# Meaning of A Lawfully ordained minister



## Romans922 (Jul 16, 2012)

WCF 28.2 states, "The outward element to be used in this sacrament is water, wherewith the party is to be baptized, in the name of the Father, and of the Son, and of the Holy Ghost, *by a minister of the Gospel, lawfully called thereunto*."

What is the meaning of the bolded?


----------



## KMK (Jul 16, 2012)

> LBC Chapter 26: Paragraph 11. Although it be incumbent on the bishops or pastors of the churches, to be instant in preaching the word, by way of office, yet the work of preaching the word is not so peculiarly confined to them but that *others also gifted and fitted by the Holy Spirit for it, and approved and called by the church,* may and ought to perform it.



Lawfully ordained means gifted and fitted by the Holy Spirit and approved and called by the church.


----------



## Scott1 (Jul 16, 2012)

My understanding is a minister called within that process in a communion that could charitably be called a true church.


----------



## Tim (Jul 16, 2012)

KMK said:


> LBC Chapter 26: Paragraph 11. Although it be incumbent on the bishops or pastors of the churches, to be instant in preaching the word, by way of office, *yet the work of preaching the word is not so peculiarly confined to them* but that others also gifted and fitted by the Holy Spirit for it, and approved and called by the church, may and ought to perform it.
> Lawfully ordained means gifted and fitted by the Holy Spirit and approved and called by the church.



While there are many things that Baptists and Presbyterians can happily discuss in agreement, there is a distinction between the confessions on this point, so I think it would be beneficial to pursue the difference a bit, given the OP. The LBC recognizes men who are gifted and called, and yet are not considered bishops or pastors. The part I bolded (or thereabouts, I am not being exact) is not in Westminster.


----------



## yeutter (Jul 16, 2012)

The question concerns not the preaching of the Word but the sacraments, who may lawfully baptize?
The Westminster is trying to exclude baptisms by midwives and "preachers" with no fixed call from a Church.


----------



## Romans922 (Jul 16, 2012)

What about Papist Priests? That's why I am asking. Are RC Priests lawfully ordained ministers?


----------



## VictorBravo (Jul 17, 2012)

Romans922 said:


> What about Papist Priests? That's why I am asking. Are RC Priests lawfully ordained ministers?

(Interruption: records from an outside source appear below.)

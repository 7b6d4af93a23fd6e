-- ===== src/Table/New.antt =====
-- The first load of a table takes effect as a whole or not at all.
use mathlib.Core.Path.{subst}
use postgres_vectorization_t.Compression.External.{Libraries}
use postgres_vectorization_t.Metadata.Messages.{Protobuf}
use postgres_vectorization_t.Prelude.{
  Bool, List, [], arith, inl, inr, none, refl, sym, uint32, ℕ, ◌≡◌, ◌⊎◌,
}
use postgres_vectorization_t.Report.{Error, Result, could_not_open, err, ok}
use postgres_vectorization_t.Table.Atomic.{IsCommitted, end_write-Ends}
use postgres_vectorization_t.Table.Ends.{
  After, After-cases, Ends, Keeps-Ends, bind-Ends, error-Ends,
}
use postgres_vectorization_t.Table.Growing.{StartsWith}
use postgres_vectorization_t.Table.Guarded.{IsUntouched}
use postgres_vectorization_t.Table.Io.{
  Io, Outcome, World, call, call_fails, call_succeeds, next_outcome, pure, ◌>>=◌,
}
use postgres_vectorization_t.Table.Keeps.{IsStable, call-Keeps, next_outcome-Keeps}
use postgres_vectorization_t.Table.Steps.{SafeState, write_rows-Ends}
use postgres_vectorization_t.Table.Stripes.{HasWritten, HasWritten-start}
use postgres_vectorization_t.Table.Write.{
  TableWriteState, cstore_begin_write, cstore_end_write, end_of_stripes, open_table, seek_behind,
  stat_footer, stat_result, write_rows, write_table,
}
use postgres_vectorization_t.Tupmacs.{Tupmacs}
use postgres_vectorization_t.Types.{Attribute, CompressionType, TableFooter}

-- There is no footer file.
abbrev IsNew : World → Type 0
IsNew w = w.footer_file ≡ none

IsNew-stable : IsStable IsNew
IsNew-stable = record { stable = λ w outcomes h. h }

stat_result_found_none :
    (o : Outcome) (w : World)
    → IsNew w
    → After (λ f w. IsNew w × (f ≡ none)) IsNew (stat_result o w)
stat_result_found_none call_succeeds w h = (h, h)
stat_result_found_none (call_fails k) w h = (h, refl)

-- `stat` finds nothing, whether the call fails or not.
IsNew-stat_footer-Ends : Ends IsNew (λ f w. IsNew w × (f ≡ none)) IsNew stat_footer
IsNew-stat_footer-Ends =
    bind-Ends next_outcome stat_result (Keeps-Ends (λ w h. h) (next_outcome-Keeps IsNew-stable))
      (λ o. record { after = stat_result_found_none o })

-- The footer of a table without stripes.
abbrev pub empty_footer : ℕ → TableFooter
empty_footer block_row_count = record {
  stripe_metadata_list = [];
  block_row_count = block_row_count;
}

-- With no old bytes, a table that is as it was has no footer file.
IsNew-IsUntouched : (w : World) → IsNew w → IsUntouched 0 [] none w
IsNew-IsUntouched w h = record { enough = omega arith; same_bytes = refl; same_footer = h }

module _ (protobuf : Protobuf) (block_row_count : ℕ) where
  IsNew-open_table-Ends :
      Ends IsNew
        (λ f w. StartsWith [] none [] w × (f ≡ empty_footer block_row_count))
        (IsUntouched 0 [] none)
        (open_table protobuf block_row_count none)
  IsNew-open_table-Ends =
      bind-Ends (call could_not_open) _
        (Keeps-Ends IsNew-IsUntouched (call-Keeps IsNew-stable could_not_open))
        (λ _. record {
          after = λ w h. (
            record {
              at = refl;
              untouched = record { enough = omega arith; same_bytes = refl; same_footer = h };
              rest = [];
              extends = refl;
            },
            refl,
          );
        })

module _ (T : Tupmacs) (protobuf : Protobuf) (L : Libraries) (compression_type : CompressionType)
    (stripe_max_row_count block_row_count : ℕ) (attrs : List Attribute)
    (rows : List (List T.Datum × List Bool)) where
  abbrev Opened : TableFooter → World → Type 0
  Opened f w = StartsWith [] none [] w × (f ≡ empty_footer block_row_count)

  abbrev Started : TableWriteState T → World → Type 0
  Started =
      SafeState 0 [] none T protobuf L compression_type (uint32 stripe_max_row_count) attrs
        (empty_footer block_row_count) refl []

  abbrev begin_state : TableFooter → ℕ → TableWriteState T
  begin_state table_footer offset = record {
    table_footer = table_footer;
    compression_type = compression_type;
    stripe_max_row_count = uint32 stripe_max_row_count;
    tuple_descriptor = attrs;
    current_file_offset = offset;
    stripe_data = none;
    stripe_skip_list = none;
  }

  -- The rest of `CStoreBeginWrite`.
  abbrev begin_with : TableFooter → Io (TableWriteState T)
  begin_with table_footer = do
    offset ← seek_behind table_footer.stripe_metadata_list
    pure (begin_state table_footer offset)

  started :
      HasWritten T protobuf L compression_type
        (uint32 stripe_max_row_count)
        attrs
        (empty_footer block_row_count)
        []
        []
        []
        (begin_state (empty_footer block_row_count) 0)
  unfolding end_of_stripes
  started =
      HasWritten-start T protobuf L compression_type (uint32 stripe_max_row_count) attrs
        (empty_footer block_row_count) [] (begin_state (empty_footer block_row_count) 0) refl refl
        refl refl refl refl refl

  IsNew-begin_write-Ends :
      Ends IsNew Started
        (IsUntouched 0 [] none)
        (cstore_begin_write T protobuf compression_type stripe_max_row_count block_row_count attrs)
  unfolding cstore_begin_write
  IsNew-begin_write-Ends =
      bind-Ends stat_footer _ (error-Ends stat_footer IsNew-stat_footer-Ends IsNew-IsUntouched)
        (λ f. record {
          after = λ w h.
              (bind-Ends {R = Started} (open_table protobuf block_row_count f) begin_with
                  (subst
                    (λ f.
                      Ends IsNew Opened (IsUntouched 0 [] none)
                        (open_table protobuf block_row_count f))
                    (sym h.1) (IsNew-open_table-Ends protobuf block_row_count))
                  (λ table_footer. record {
                    after = λ w' k.
                        subst (λ f. After Started (IsUntouched 0 [] none) (begin_with f w'))
                          (sym k.1) ([], started, k.0);
                  })).after
                w h.0;
        })

  -- For a table without a footer file: however the calls of the operating system end, the load ends
  -- in one of two ways. Either it ended with a value; then the rows, in their order, are those of
  -- a sequence of stripes, each of at least one row, whose buffers follow one another from the start
  -- of the table file, and the footer file lists the metadata of exactly these stripes, at the
  -- offsets that follow from one another, with the block row count passed. Or it ended by a report,
  -- and there is no footer file.
  pub write_table_new :
      (w : World)
      → w.footer_file ≡ none
      → (outcome : Result (Unit {0})) × (after : World) × (write_table T protobuf L compression_type
            stripe_max_row_count block_row_count attrs rows w
          ≡ (outcome, after))
        × (((outcome ≡ ok tt)
              × IsCommitted T protobuf L compression_type
                  (uint32 stripe_max_row_count)
                  attrs
                  (empty_footer block_row_count)
                  []
                  rows
                  after)
            ⊎ ((e : Error) × (outcome ≡ err e) × (after.footer_file ≡ none)))
  unfolding write_table
  write_table_new w new =
      let maximum = uint32 stripe_max_row_count in
      let start = empty_footer block_row_count in
      let load =
        write_table T protobuf L compression_type stripe_max_row_count block_row_count attrs rows in
      let ends =
        (bind-Ends
            (cstore_begin_write T protobuf compression_type stripe_max_row_count block_row_count
              attrs)
            _ IsNew-begin_write-Ends
            (λ state.
              bind-Ends (write_rows T protobuf L state rows) (cstore_end_write T protobuf L)
                (write_rows-Ends 0 [] none T protobuf L compression_type maximum attrs start refl []
                  state rows)
                (end_write-Ends T protobuf L compression_type maximum attrs 0 [] none start refl
                  rows))).after
          w new in
      elim (After-cases (λ _. IsCommitted T protobuf L compression_type maximum attrs start [] rows)
        (IsUntouched 0 [] none) (load w) ends) [
          | inl (t, ended, committed) ↦ ((load w).0, (load w).1, refl, inl (ended, committed))
          | inr (e, ended, kept_there) ↦
              ((load w).0, (load w).1, refl, inr (e, ended, kept_there.same_footer))
        ]
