-- ===== src/Table/Read.antt =====
-- Reading a table (cstore_reader.c): `CStoreBeginRead` and `CStoreReadNextRow`. The file is what
-- the reader has open.
use postgres_vectorization_t.Compression.External.{Libraries}
use postgres_vectorization_t.Metadata.Messages.{Protobuf}
use postgres_vectorization_t.Prelude.{
  Bool, Bytes, List, Option, [], drop, if◌then◌else◌, ltb, none, some, ℕ, ◌%◌, ◌+◌, ◌/◌, ◌==◌, ◌∷◌,
}
use postgres_vectorization_t.Report.{
  Result, could_not_open, guard, of_option, ok, out_of_bounds, ◌>>=◌, ◌>>◌,
}
use postgres_vectorization_t.Rows.{read_stripe_next_row}
use postgres_vectorization_t.Selection.{Planner}
use postgres_vectorization_t.Stripe.Scan.{load_filtered_stripe_data}
use postgres_vectorization_t.Table.ReadFooter.{cstore_read_footer}
use postgres_vectorization_t.Tupmacs.{Tupmacs}
use postgres_vectorization_t.Types.{Attribute, StripeData, StripeMetadata, TableFooter}

module _ (T : Tupmacs) where
  open T use {Datum}

  pub record TableReadState : Type 0 where
    pub table_file : Bytes
    pub table_footer : TableFooter
    pub projected_column_list : List ℕ
    pub tuple_descriptor : List Attribute
    pub stripe_data : Option (StripeData Datum)
    pub read_stripe_count : ℕ
    pub stripe_read_row_count : ℕ

  -- A row, with the values that the caller's array has for the columns that are null.
  abbrev pub Row : Type 0
  Row = List Datum × List Bool

  module _ (L : Libraries) (protobuf : Protobuf) (planner : Planner Datum) where
    -- `CStoreBeginRead` of the content of the two files; there is none of a missing footer file.
    unfoldable pub cstore_begin_read :
        Bytes → Option Bytes → List Attribute → List ℕ → Result TableReadState
    cstore_begin_read table_file footer_file attrs projected = do
      footer_content ← of_option footer_file could_not_open
      table_footer ← cstore_read_footer protobuf footer_content
      ok (record {
        table_file = table_file;
        table_footer = table_footer;
        projected_column_list = projected;
        tuple_descriptor = attrs;
        stripe_data = none;
        read_stripe_count = 0;
        stripe_read_row_count = 0;
      })

    -- The loop that loads the next stripe with rows, over the metadata of the stripes that are
    -- left: the stripe, and the count of stripes read by then.
    unfoldable pub load_next_stripe :
        Bytes
        → List Attribute
        → List ℕ
        → List StripeMetadata
        → ℕ
        → Result (Option (StripeData Datum) × ℕ)
    load_next_stripe file attrs projected [] count = ok (none, count)
    load_next_stripe file attrs projected (m ∷ stripes) count = do
      let rest = load_next_stripe file attrs projected stripes (count + 1)
      stripe_data ← load_filtered_stripe_data T L protobuf planner file m attrs projected
      if stripe_data.row_count == 0 then rest else ok (some stripe_data, count + 1)

    -- The state after the loop: the count of rows read starts again with a new stripe.
    abbrev pub with_stripe : TableReadState → Option (StripeData Datum) × ℕ → TableReadState
    with_stripe state (none, count) = record state { stripe_data = none; read_stripe_count = count }
    with_stripe state (some stripe_data, count) = record state {
      stripe_data = some stripe_data;
      read_stripe_count = count;
      stripe_read_row_count = 0;
    }

    -- The state with a stripe in memory, or with all stripes read.
    abbrev pub next_stripe : TableReadState → Option (StripeData Datum) → Result TableReadState
    next_stripe state (some stripe_data) = ok state
    next_stripe state none = do
      loaded ←
          load_next_stripe state.table_file state.tuple_descriptor state.projected_column_list
            (drop state.read_stripe_count state.table_footer.stripe_metadata_list)
            state.read_stripe_count
      ok (with_stripe state loaded)

    -- The stripe that is kept after a row: none if that was its last one.
    abbrev pub unfinished : StripeData Datum → ℕ → Option (StripeData Datum)
    unfinished stripe_data read_count =
        if read_count == stripe_data.row_count then none else some stripe_data

    -- The row at the place of the state in the stripe in memory. Block and index are below the
    -- stripe's row count, a `uint32`, so that the narrowing of the two to a `uint32` is left out.
    abbrev pub row_of_stripe :
        TableReadState
        → List Datum
        → Option (StripeData Datum)
        → Result (Option Row × TableReadState)
    row_of_stripe state values none = ok (none, state)
    row_of_stripe state values (some stripe_data) = do
      let size = state.table_footer.block_row_count
      guard (ltb 0 size) out_of_bounds
      row ←
          read_stripe_next_row T stripe_data state.projected_column_list
            (state.stripe_read_row_count / size) (state.stripe_read_row_count % size) values
      let read_count = state.stripe_read_row_count + 1
      ok (
        some row,
        record state {
          stripe_data = unfinished stripe_data read_count;
          stripe_read_row_count = read_count;
        },
      )

    -- `CStoreReadNextRow`: `none` when there are no more rows, which the code returns as false.
    unfoldable pub cstore_read_next_row :
        TableReadState → List Datum → Result (Option Row × TableReadState)
    cstore_read_next_row state values = do
      loaded ← next_stripe state state.stripe_data
      row_of_stripe loaded values loaded.stripe_data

Wasn't that pretty much the essence of the great Hodge and Thornwell debate?


----------



## Romans922 (Jul 17, 2012)

Perhaps, but that was pre-vatican 2 and I'm asking the PB.


----------



## Scott1 (Jul 17, 2012)

You may find helpful the PCA report on the validity of certain baptisms:
PCA Position Papers: Baptism (1987); Validity of Certain Baptisms; Minority Report

The vote was 4-1 against receiving their validity, there was a majority report (4) and minority report (1) and both reports were received by General Assembly as guidance for due and serious consideration.


----------



## Fogetaboutit (Jul 17, 2012)

What would happen if a Jew would have been circumcised by somebody who would not have been lawfully ordain to do it? would he have been cut of from the covenant? you cannot re-circumcise him


----------



## H G Stoker (Jul 17, 2012)

I have a different view and you may perhaps not agree with me but please indulge me this.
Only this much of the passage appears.